> [Excerpted data]:
☆ ☆ ☆

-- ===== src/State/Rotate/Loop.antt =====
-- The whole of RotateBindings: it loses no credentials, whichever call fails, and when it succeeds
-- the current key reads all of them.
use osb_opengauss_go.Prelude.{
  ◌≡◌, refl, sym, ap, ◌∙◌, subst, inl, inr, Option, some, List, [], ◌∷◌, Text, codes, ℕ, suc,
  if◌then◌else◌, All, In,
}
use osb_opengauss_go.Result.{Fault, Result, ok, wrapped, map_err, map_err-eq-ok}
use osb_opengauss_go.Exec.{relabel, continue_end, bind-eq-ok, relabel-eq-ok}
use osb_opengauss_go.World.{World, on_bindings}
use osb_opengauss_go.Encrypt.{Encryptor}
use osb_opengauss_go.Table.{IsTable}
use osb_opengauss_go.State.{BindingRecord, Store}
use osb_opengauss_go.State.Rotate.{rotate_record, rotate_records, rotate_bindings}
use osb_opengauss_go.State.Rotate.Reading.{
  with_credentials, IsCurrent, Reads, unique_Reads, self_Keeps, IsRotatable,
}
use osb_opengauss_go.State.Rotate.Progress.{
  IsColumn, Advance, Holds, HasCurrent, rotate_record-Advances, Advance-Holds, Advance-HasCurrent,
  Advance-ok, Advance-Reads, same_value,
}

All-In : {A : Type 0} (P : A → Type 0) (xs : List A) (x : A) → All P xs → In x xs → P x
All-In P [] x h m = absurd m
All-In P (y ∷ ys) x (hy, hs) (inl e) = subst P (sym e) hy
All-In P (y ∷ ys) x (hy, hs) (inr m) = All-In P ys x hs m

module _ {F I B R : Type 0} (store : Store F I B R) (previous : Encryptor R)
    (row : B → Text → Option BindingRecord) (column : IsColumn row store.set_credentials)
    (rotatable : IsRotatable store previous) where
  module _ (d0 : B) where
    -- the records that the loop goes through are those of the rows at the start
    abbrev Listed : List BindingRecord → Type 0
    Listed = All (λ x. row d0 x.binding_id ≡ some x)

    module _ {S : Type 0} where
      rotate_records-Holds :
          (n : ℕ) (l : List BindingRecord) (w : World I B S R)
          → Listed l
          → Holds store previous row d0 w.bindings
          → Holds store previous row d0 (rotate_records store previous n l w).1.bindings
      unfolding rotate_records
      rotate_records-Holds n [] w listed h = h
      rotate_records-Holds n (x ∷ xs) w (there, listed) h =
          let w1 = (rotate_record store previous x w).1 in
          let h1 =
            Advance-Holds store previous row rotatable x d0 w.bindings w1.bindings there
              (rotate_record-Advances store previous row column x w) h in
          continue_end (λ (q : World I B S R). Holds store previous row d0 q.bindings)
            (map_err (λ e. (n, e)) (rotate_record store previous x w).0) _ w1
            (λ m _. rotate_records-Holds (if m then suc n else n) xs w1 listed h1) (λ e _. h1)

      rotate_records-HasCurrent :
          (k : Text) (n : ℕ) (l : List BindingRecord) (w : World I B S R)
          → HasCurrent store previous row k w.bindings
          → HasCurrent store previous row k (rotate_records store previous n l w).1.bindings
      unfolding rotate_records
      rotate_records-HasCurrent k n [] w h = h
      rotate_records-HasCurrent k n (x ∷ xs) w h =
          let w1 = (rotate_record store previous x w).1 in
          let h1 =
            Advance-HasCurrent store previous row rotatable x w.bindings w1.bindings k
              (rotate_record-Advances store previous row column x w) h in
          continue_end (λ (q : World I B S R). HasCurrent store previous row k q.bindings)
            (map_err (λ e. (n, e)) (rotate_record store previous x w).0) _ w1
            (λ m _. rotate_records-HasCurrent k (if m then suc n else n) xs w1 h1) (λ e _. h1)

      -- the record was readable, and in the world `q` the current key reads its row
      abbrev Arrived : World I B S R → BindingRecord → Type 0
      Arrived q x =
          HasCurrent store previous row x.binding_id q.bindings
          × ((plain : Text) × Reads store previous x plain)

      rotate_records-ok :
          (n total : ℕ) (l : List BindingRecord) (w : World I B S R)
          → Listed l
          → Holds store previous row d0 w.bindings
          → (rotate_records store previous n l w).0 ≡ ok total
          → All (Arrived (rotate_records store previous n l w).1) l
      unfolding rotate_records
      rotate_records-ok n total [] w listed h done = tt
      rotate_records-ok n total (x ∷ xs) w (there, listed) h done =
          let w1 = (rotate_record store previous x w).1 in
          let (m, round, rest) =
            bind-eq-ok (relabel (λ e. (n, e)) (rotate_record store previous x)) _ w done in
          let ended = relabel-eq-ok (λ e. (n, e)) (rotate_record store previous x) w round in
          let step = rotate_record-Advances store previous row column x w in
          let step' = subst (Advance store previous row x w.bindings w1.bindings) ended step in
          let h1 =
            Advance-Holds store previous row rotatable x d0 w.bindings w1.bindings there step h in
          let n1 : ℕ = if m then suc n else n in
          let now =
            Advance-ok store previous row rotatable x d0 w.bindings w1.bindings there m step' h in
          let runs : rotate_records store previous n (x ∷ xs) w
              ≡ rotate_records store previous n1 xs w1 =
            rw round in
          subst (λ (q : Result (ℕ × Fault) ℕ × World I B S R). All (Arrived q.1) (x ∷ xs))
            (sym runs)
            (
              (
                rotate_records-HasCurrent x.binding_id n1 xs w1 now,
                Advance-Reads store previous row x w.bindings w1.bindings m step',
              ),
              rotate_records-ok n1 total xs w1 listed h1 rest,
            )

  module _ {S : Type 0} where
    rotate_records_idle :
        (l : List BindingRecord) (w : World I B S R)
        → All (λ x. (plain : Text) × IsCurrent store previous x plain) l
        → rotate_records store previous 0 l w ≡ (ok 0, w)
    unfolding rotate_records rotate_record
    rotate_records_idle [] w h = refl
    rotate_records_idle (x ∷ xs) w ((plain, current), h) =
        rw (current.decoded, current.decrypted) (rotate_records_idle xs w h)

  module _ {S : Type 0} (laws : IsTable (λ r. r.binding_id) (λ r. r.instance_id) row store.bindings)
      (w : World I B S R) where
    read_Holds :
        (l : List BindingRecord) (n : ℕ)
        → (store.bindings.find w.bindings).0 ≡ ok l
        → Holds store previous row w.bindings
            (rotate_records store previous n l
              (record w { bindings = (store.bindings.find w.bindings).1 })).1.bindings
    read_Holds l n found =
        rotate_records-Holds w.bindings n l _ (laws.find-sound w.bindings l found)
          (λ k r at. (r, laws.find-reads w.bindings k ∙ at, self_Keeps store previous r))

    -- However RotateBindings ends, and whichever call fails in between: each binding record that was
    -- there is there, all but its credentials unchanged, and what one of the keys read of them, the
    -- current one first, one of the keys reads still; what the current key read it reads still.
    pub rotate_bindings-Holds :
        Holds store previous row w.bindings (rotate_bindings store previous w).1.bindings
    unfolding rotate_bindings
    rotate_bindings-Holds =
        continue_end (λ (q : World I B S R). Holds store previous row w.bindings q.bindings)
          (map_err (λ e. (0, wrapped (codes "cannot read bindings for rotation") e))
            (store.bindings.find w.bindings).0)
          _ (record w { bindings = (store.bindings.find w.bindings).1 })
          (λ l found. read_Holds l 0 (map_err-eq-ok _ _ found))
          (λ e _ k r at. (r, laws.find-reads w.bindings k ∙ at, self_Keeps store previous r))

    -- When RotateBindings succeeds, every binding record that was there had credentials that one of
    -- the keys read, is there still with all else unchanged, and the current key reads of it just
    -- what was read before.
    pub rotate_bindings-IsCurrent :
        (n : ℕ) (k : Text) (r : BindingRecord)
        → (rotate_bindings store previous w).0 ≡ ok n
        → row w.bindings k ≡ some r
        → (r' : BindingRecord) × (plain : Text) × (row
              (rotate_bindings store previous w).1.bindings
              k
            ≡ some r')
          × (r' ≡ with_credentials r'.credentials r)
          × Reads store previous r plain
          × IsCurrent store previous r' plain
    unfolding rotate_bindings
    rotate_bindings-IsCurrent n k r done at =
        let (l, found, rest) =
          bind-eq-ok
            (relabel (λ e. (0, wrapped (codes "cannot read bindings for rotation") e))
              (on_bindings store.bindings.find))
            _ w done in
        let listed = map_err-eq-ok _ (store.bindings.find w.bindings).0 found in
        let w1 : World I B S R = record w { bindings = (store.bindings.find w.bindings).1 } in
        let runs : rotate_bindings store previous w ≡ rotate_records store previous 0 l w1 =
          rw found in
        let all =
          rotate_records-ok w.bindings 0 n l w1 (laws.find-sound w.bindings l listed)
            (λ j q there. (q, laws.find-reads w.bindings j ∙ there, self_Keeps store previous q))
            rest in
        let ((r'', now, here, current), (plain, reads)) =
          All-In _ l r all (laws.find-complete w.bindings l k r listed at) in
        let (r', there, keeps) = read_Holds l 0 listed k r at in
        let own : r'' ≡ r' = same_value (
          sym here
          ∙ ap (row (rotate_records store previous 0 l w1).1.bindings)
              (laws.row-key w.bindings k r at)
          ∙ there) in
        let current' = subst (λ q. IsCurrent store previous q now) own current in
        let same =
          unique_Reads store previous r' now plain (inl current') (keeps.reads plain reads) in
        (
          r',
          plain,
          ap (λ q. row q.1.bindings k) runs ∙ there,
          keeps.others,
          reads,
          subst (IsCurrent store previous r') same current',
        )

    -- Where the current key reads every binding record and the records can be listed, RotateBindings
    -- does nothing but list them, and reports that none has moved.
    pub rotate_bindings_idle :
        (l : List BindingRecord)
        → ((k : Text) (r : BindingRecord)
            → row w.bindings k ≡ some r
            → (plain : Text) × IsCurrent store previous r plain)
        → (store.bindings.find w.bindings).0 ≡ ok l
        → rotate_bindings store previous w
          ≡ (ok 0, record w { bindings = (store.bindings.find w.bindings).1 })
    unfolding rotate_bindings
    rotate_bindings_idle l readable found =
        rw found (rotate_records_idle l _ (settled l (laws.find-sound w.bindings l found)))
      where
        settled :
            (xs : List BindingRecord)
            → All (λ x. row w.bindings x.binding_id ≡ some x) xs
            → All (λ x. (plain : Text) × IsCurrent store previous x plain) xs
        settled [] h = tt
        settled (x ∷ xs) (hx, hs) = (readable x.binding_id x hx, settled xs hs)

☆ ☆ ☆

> [What is needed]: The word to find is "Arrived". Copy every line of the data that holds it.

> [Written response]:
      abbrev Arrived : World I B S R → BindingRecord → Type 0
      Arrived q x =
          → All (Arrived (rotate_records store previous n l w).1) l
          subst (λ (q : Result (ℕ × Fault) ℕ × World I B S R). All (Arrived q.1) (x ∷ xs))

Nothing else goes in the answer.